Dataset entries
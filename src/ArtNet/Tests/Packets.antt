-- ===== src/ArtNet/Tests/Packets.antt =====
-- The theorems on flags and on the packets other than `ArtDmx` at concrete packets.
use ha_artnet_led.Base.{ℕ, ◌<◌, ◌≡◌, refl, true, false, [], ◌∷◌, replicate, arith}
use ha_artnet_led.Base.Result.{ok}
use ha_artnet_led.Base.Bytes.{Bytes}
use ha_artnet_led.ArtNet.Codec.{returned, next}
use ha_artnet_led.ArtNet.Flags.{
  GoodInput, input_flags, set_input_flags, GoodOutputA, output_flags, set_output_flags, dmx512,
  Port, port_types_flags, set_port_types_flags, good_output_b, set_good_output_b, ArtIpProgCommand,
  command_flags, set_command_flags,
}
use ha_artnet_led.ArtNet.Flags.RoundTrip.{flags_read_back}
use ha_artnet_led.ArtNet.Poll.{dp_med, ArtPoll, serialize_poll, deserialize_poll}
use ha_artnet_led.ArtNet.Poll.RoundTrip.{IsPoll, deserialize-serialize_poll}
use ha_artnet_led.ArtNet.IpProg.{ArtIpProg, serialize_ip_prog, deserialize_ip_prog, ArtIpProgReply}
use ha_artnet_led.ArtNet.IpProg.RoundTrip.{deserialize-serialize_ip_prog}
use ha_artnet_led.ArtNet.Messages.{
  ArtDiagData, ebu, ArtTimeCode, ArtCommand, serialize_command, deserialize_command, ArtTrigger,
}
use ha_artnet_led.ArtNet.Messages.Texts.{deserialize-serialize_command}
use ha_artnet_led.ArtNet.PollReply.{
  ArtPollReply, normal_mode, mute_mode, front_panel, authority_unknown, hold_last_state,
  all_outputs_full, st_node, status_1, status_2, status_3,
}
use ha_artnet_led.ArtNet.PollReply.Read.{read_status_1, set_status_2, read_status_3}
use ha_artnet_led.ArtNet.PollReply.Status.{status_bytes_arrive}
use ha_artnet_led.ArtNet.Program.{
  apply_port_index, decode_with_port_index, write, apply_value_action, action_of,
}
use ha_artnet_led.ArtNet.Program.Commands.{decode-apply_port_index, action_of-apply_value_action}

abbrev some_input : GoodInput
some_input = record {
  data_received = true;
  includes_dmx512_test_packets = false;
  includes_dmx512_sips = true;
  includes_dmx512_text_packets = false;
  input_disabled = false;
  receive_errors_detected = true;
}

abbrev some_output : GoodOutputA
some_output = record {
  data_being_transmitted = true;
  includes_dmx512_test_packets = false;
  includes_dmx512_sips = false;
  includes_dmx512_text_packets = true;
  merging_enabled = true;
  short_detected = false;
  merge_is_ltp = true;
  use_sacn = true;
}

abbrev some_port : Port
some_port = record {
  input = true;
  output = false;
  type = dmx512;
  good_input = some_input;
  good_output_a = some_output;
  sw_in = 1;
  sw_out = 2;
  rdm_enabled = true;
  output_continuous = false;
}

abbrev other_port : Port
other_port = record some_port {
  sw_in = 5;
  sw_out = 6;
  rdm_enabled = false;
  output_continuous = true;
}

abbrev some_command : ArtIpProgCommand
some_command = record {
  enable_programming = true;
  enable_dhcp = true;
  program_default_gateway = false;
  set_parameters_to_default = false;
  program_ip_address = true;
  program_subnet_mask = false;
  program_port = true;
}

flags_read_back_example :
    ((set_input_flags (input_flags some_input) ≡ some_input) × (input_flags some_input < 256))
    × ((set_output_flags (output_flags some_output) ≡ some_output)
        × (output_flags some_output < 256))
    × ((set_port_types_flags (port_types_flags some_port)
          ≡ record { output = false; input = true; type = ok dmx512 })
        × (port_types_flags some_port < 256))
    × ((set_good_output_b (good_output_b some_port) other_port
          ≡ record other_port { rdm_enabled = true; output_continuous = false })
        × (good_output_b some_port < 256))
    × ((set_command_flags (command_flags some_command) ≡ some_command)
        × (command_flags some_command < 256))
flags_read_back_example = flags_read_back some_input some_output some_port other_port some_command

abbrev targeted : ArtPoll
targeted = record {
  protocol_version = 14;
  enable_vlc_transmission = false;
  notify_on_change = true;
  enable_diagnostics = true;
  diag_priority = dp_med;
  diag_broadcast = false;
  enable_targeted_mode = true;
  target_port_bottom = record { net = 1; sub_net = 2; universe = 3 };
  target_port_top = record { net = 7; sub_net = 15; universe = 511 };
}

targeted-IsPoll : IsPoll targeted
targeted-IsPoll = record {
  version_low = omega arith;
  bottom_valid = record {
    net_low = omega arith;
    sub_net_low = omega arith;
    universe_low = omega arith;
  };
  top_valid = record {
    net_low = omega arith;
    sub_net_low = omega arith;
    universe_low = omega arith;
  };
  bottom_low = omega arith;
  top_low = omega arith;
}

abbrev untargeted : ArtPoll
untargeted = record targeted { enable_targeted_mode = false }

deserialize-serialize_poll_example :
    (b : Bytes) × (serialize_poll targeted ≡ ok b)
    × (deserialize_poll b untargeted ≡ returned targeted 18)
deserialize-serialize_poll_example = deserialize-serialize_poll targeted untargeted targeted-IsPoll

abbrev prog : ArtIpProg
prog = record {
  protocol_version = 14;
  command = some_command;
  prog_ip = 10 ∷ 0 ∷ 0 ∷ 7 ∷ [];
  prog_subnet = 255 ∷ 0 ∷ 0 ∷ 0 ∷ [];
  prog_gateway = 10 ∷ 0 ∷ 0 ∷ 1 ∷ [];
}

deserialize-serialize_ip_prog_example :
    (b : Bytes) × (serialize_ip_prog prog ≡ ok b)
    × (deserialize_ip_prog b (record prog { prog_ip = [] }) ≡ returned prog 34)
deserialize-serialize_ip_prog_example =
    deserialize-serialize_ip_prog prog (record prog { prog_ip = [] })
      (record { version_14 = refl; ip_length = refl; subnet_length = refl; gateway_length = refl })

abbrev prog_reply : ArtIpProgReply
prog_reply = record {
  protocol_version = 14;
  prog_ip = 10 ∷ 0 ∷ 0 ∷ 7 ∷ [];
  prog_subnet = 255 ∷ 0 ∷ 0 ∷ 0 ∷ [];
  prog_gateway = 10 ∷ 0 ∷ 0 ∷ 1 ∷ [];
  dhcp_enabled = true;
}

abbrev noon : ArtTimeCode
noon = record {
  protocol_version = 14;
  frames = 3;
  seconds = 5;
  minutes = 30;
  hours = 12;
  type = ebu;
}

abbrev go : ArtCommand
go = record { protocol_version = 14; esta = 0xFFFF; command = 71 ∷ 79 ∷ [] }

deserialize-serialize_command_example :
    (b : Bytes) × (serialize_command go ≡ ok b)
    × (deserialize_command b (record go { esta = 0 }) ≡ returned go 526)
deserialize-serialize_command_example =
    deserialize-serialize_command go (record go { esta = 0 })
      (record {
        version_14 = refl;
        esta_low = omega arith;
        command_short = omega arith;
        command_plain = ((omega arith, omega arith), ((omega arith, omega arith), tt));
      })

abbrev report : ArtDiagData
report = record {
  protocol_version = 14;
  diag_priority = dp_med;
  logical_port = 1;
  text = 111 ∷ 107 ∷ [];
}

abbrev macro : ArtTrigger
macro = record {
  protocol_version = 14;
  oem = 0xFFFF;
  key = 1;
  sub_key = 9;
  payload = replicate 512 5;
}

decode-apply_port_index_example :
    (v : ℕ) × (apply_port_index 0x50 2 ≡ ok v) × (decode_with_port_index v ≡ ok (0x50, 0))
decode-apply_port_index_example = decode-apply_port_index 0x50 2 refl (omega arith)

action_of-apply_value_action_example :
    (action_of (apply_value_action write 5) ≡ write) × (apply_value_action write 5 ≡ 133)
action_of-apply_value_action_example =
    action_of-apply_value_action write 5 (omega arith) (omega arith)

abbrev node : ArtPollReply
node = record {
  source_ip = 10 ∷ 0 ∷ 0 ∷ 2 ∷ [];
  port = 0x1936;
  firmware_version = 1;
  net_switch = 0;
  sub_switch = 0;
  oem = 0xFFFF;
  indicator_state = normal_mode;
  authority = front_panel;
  boot_process = true;
  supports_rdm = false;
  esta = 0;
  short_name = 78 ∷ [];
  long_name = 78 ∷ [];
  node_report = [];
  ports = some_port ∷ some_port ∷ some_port ∷ some_port ∷ [];
  acn_priority = 100;
  sw_macro_bitmap = 0;
  sw_remote_bitmap = 0;
  style = st_node;
  mac_address = replicate 6 1;
  bind_ip = replicate 4 0;
  bind_index = 1;
  supports_web_browser_configuration = true;
  dhcp_configured = false;
  dhcp_capable = true;
  supports_15_bit_port_address = true;
  supports_switching_to_sacn = false;
  squawking = false;
  supports_switching_of_output_style = true;
  supports_rdm_through_artnet = false;
  failsafe_state = all_outputs_full;
  supports_failover = true;
  supports_switching_port_direction = true;
  ubea_present = true;
  ubea_value = 3;
  supports_llrp = true;
  default_resp_uid = replicate 6 0;
}

abbrev heard : ArtPollReply
heard = record node {
  supports_web_browser_configuration = false;
  dhcp_capable = false;
  squawking = true;
  failsafe_state = hold_last_state;
}

node_status : status_3 node ≡ ok 177
unfolding status_3
node_status = refl

status_bytes_arrive_example :
    (read_status_1 (status_1 node) heard 24
      ≡ next tt
          (record heard {
            indicator_state = mute_mode;
            authority = authority_unknown;
            boot_process = true;
            supports_rdm = true;
            ubea_present = false;
          })
          24)
    × (set_status_2 (status_2 node) heard ≡ record node { failsafe_state = hold_last_state })
    × (read_status_3 177 heard 24
        ≡ next tt
            (record heard {
              failsafe_state = all_outputs_full;
              supports_failover = true;
              supports_llrp = true;
              supports_switching_port_direction = false;
            })
            24)
status_bytes_arrive_example = status_bytes_arrive node heard 177 24 node_status
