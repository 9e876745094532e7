-- ===== src/Base/Text/Errors.antt =====
-- The only exception of the UTF-8 decoder.
use ha_artnet_led.Base.Bytes.{Bytes}
use ha_artnet_led.Base.Result.{err, Exc}
use ha_artnet_led.Base.Text.{
  utf8_loop, utf8_decode, Pending, no_pending, next, Event, emit, wait, bad,
}
use Prim.Native.Nat.{ℕ}
use mathlib.Core.Path.{◌≡◌, refl}
use mathlib.Core.Logic.{◌⊎◌, inl, inr}
use mathlib.Core.List.{[], ◌∷◌}
use native.Mathlib.Omega.{arith}

Event-cases : (e : Event) → ((c : ℕ) × (e ≡ emit c)) ⊎ (((q : Pending) × (e ≡ wait q)) ⊎ (e ≡ bad))
Event-cases (emit c) = inl (c, refl)
Event-cases (wait q) = inr (inl (q, refl))
Event-cases bad = inr (inr refl)

utf8_loop_error :
    (b : Bytes) (p : Pending) (x : Exc) → utf8_loop b p ≡ err x → x ≡ Exc.unicode_error
unfolding utf8_loop
utf8_loop_error [] p x h = ground arith
utf8_loop_error (b ∷ bs) p x h = elim (Event-cases (next p b)) [
  | inl (c, e) ↦ ground (arith, utf8_loop_error bs no_pending x, rw (e, utf8_loop) at h)
  | inr (inl (q, e)) ↦ utf8_loop_error bs q x (rw (e, utf8_loop) at h)
  | inr (inr e) ↦ let h' = rw (e, utf8_loop) at h in ground arith
]

pub utf8_decode_error : (b : Bytes) (x : Exc) → utf8_decode b ≡ err x → x ≡ Exc.unicode_error
unfolding utf8_decode
utf8_decode_error b x h = utf8_loop_error b no_pending x h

**What you need to do**
Look through the data above and return exactly the lines from the one that contains "payload = replicate 512 5;" to the one that contains "node_report = [];", inclusive, with nothing else.

**Result of this task**
  payload = replicate 512 5;
}

decode-apply_port_index_example :
    (v : ℕ) × (apply_port_index 0x50 2 ≡ ok v) × (decode_with_port_index v ≡ ok (0x50, 0))
decode-apply_port_index_example = decode-apply_port_index 0x50 2 refl (omega arith)

action_of-apply_value_action_example :
    (action_of (apply_value_action write 5) ≡ write) × (apply_value_action write 5 ≡ 133)
action_of-apply_value_action_example =
    action_of-apply_value_action write 5 (omega arith) (omega arith)

abbrev node : ArtPollReply
node = record {
  source_ip = 10 ∷ 0 ∷ 0 ∷ 2 ∷ [];
  port = 0x1936;
  firmware_version = 1;
  net_switch = 0;
  sub_switch = 0;
  oem = 0xFFFF;
  indicator_state = normal_mode;
  authority = front_panel;
  boot_process = true;
  supports_rdm = false;
  esta = 0;
  short_name = 78 ∷ [];
  long_name = 78 ∷ [];
  node_report = [];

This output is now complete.